We are new to billing this device. Our physician is billing on one date of service the insertion 33999,   removal 33999, repositioning 33215 and repair of blood vessel 35286. He documents sucessful placement and removal, he also documents repositioning of the Impella during the PCI. He does not document repair of the blood vessel. 

Are we looking at correct CPT codes?  Can he bill for the  insertion and removal? He states he repositioned three times during the procedure.  Can he bill this also?  Or is that code for repositioning after the procedure is completed? Is it standard to charge for a repair code? 

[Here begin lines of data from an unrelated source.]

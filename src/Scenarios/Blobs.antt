-- ===== src/Scenarios/Blobs.antt =====
-- A purge that spares a file, and an upload whose last chunk is missing (internal/storage).
use prappser_spaces.Base.{◌≡◌, refl, none, some, [], ◌∷◌, ◌==◌, All, inl, inr, ap, sym, ◌∙◌}
use mathlib.Core.Path.{subst}
use prappser_spaces.Base.Dict.{get, remove}
use prappser_spaces.Base.Int.{pos}
use prappser_spaces.Result.{ok}
use prappser_spaces.Storage.{pending}
use prappser_spaces.Storage.Backend.Local.{Disk, resolve, split, local_url, local_storage}
use prappser_spaces.Storage.Paths.{stem}
use prappser_spaces.Storage.Repository.{
  Row, get_storage_by_id, get_chunks, delete_chunks, update, update_status, mark_referenced,
  delete_unreferenced, oldest_first,
}
use prappser_spaces.Storage.Run.{Service, State}
use prappser_spaces.Storage.Service.{populate_urls, save_image, chunk_path, decimal}
use prappser_spaces.Storage.Service.Chunked.{complete_chunked_upload}
use prappser_spaces.Storage.Service.Cleanup.{purge_unreferenced}
use prappser_spaces.Storage.Service.Cleanup.Spares.{IsFree, IsSeparate, purge_spares}
use prappser_spaces.Scenarios.{apart}
use prappser_spaces.Scenarios.Files.{
  service, service-IsFaithful, text, stored_note_row, stored_long, half,
}

-- Two old files, of which the second is referred to.
abbrev long_row : Row
long_row = record { file = stored_long; last_referenced_at = none }

abbrev two_files : State Disk
two_files = record {
  table = record { rows = stored_note_row ∷ long_row ∷ []; chunks = [] };
  disk = ("app/2026/01/f1.txt", text) ∷ ("app/2026/01/f2.txt", 1 ∷ 2 ∷ 3 ∷ 4 ∷ []) ∷ [];
}

abbrev referring : Service Disk
referring = record service { referenced = λ id. id == "f2" }

two_files-IsSeparate : IsSeparate two_files.table.rows
two_files-IsSeparate a b (inl e) (inl f) n = absurd (n (ap (λ r. r.file.id) (sym e ∙ f)))
two_files-IsSeparate a b (inl e) (inr (inl f)) n =
    subst (λ r. IsFree a.file.storage_path r.file) f
      (subst (λ r. IsFree r.file.storage_path long_row.file) e
        (apart "app/2026/01/f2.txt" "app/2026/01/f1.txt" refl, apart "" "app/2026/01/f1.txt" refl))
two_files-IsSeparate a b (inl e) (inr (inr k)) n = absurd k
two_files-IsSeparate a b (inr (inr k)) j n = absurd k
two_files-IsSeparate a b (inr (inl e)) (inr (inr k)) n = absurd k
two_files-IsSeparate a b (inr (inl e)) (inl f) n =
    subst (λ r. IsFree a.file.storage_path r.file) f
      (subst (λ r. IsFree r.file.storage_path stored_note_row.file) e
        (apart "app/2026/01/f1.txt" "app/2026/01/f2.txt" refl, apart "" "app/2026/01/f2.txt" refl))
two_files-IsSeparate a b (inr (inl e)) (inr (inl f)) n =
    absurd (n (ap (λ r. r.file.id) (sym e ∙ f)))

purge_spares_example :
    (let run = purge_unreferenced referring (pos 1800000000) 5 two_files in
      All
        (λ r.
          referring.backend.fetch r.file.storage_path run.1.disk
          ≡ referring.backend.fetch r.file.storage_path two_files.disk)
        run.1.table.rows)
purge_spares_example =
    purge_spares referring service-IsFaithful (pos 1800000000) 5 two_files two_files-IsSeparate

-- The purge took the first file, and left the second with its content.
purged_run :
    (let run = purge_unreferenced referring (pos 1800000000) 5 two_files in
      run.1 ≡ record {
        table = record {
          rows = record long_row { last_referenced_at = some (pos 1767225600) } ∷ [];
          chunks = [];
        };
        disk = ("app/2026/01/f2.txt", 1 ∷ 2 ∷ 3 ∷ 4 ∷ []) ∷ [];
      })
unfolding purge_unreferenced delete_unreferenced mark_referenced oldest_first local_storage resolve
    split remove
purged_run = refl

-- An upload of four bytes in two chunks, of which only the first has come, is completed.
abbrev first_half : State Disk
first_half = record {
  table = record {
    rows =
        record {
          file = record stored_long { status = pending; url = "" };
          last_referenced_at = none;
        }
        ∷ [];
    chunks = half (pos 0) ∷ [];
  };
  disk = ("app/2026/01/f2.txt.chunk.0", 1 ∷ 2 ∷ []) ∷ [];
}

short_run :
    (complete_chunked_upload service "f2" "" first_half).0
    ≡ ok (record stored_long { size_bytes = pos 2 })
unfolding complete_chunked_upload get_storage_by_id get_chunks local_storage resolve split
    chunk_path decimal get save_image update_status update delete_chunks populate_urls local_url
    stem
short_run = refl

Any feedback is greatly appreciated.  Need to know ASAP.


----------



## jewlz0879 (Dec 2, 2011)

I wouldn't bill for repair of blood vessel. He's utilizing the b.v. as means of Impella insertion, correct? If so, to me that is the same principle as not billing for femoral closure during heart cath; if it was opened it has to be closed and therefore not separately billable. 

Without seeing the report, I'm not sure I'd bill the 33215 for repositioning because 33215 relates to "repositioning of previously implanted PM or ICD electrode;" not for an Impella. 

I don't understand why he would bill for the insertion and removal on the same day but I suppose if it were done in that manner, he could. 

Yes, we also use the unlisted code for the Impella 2.5. 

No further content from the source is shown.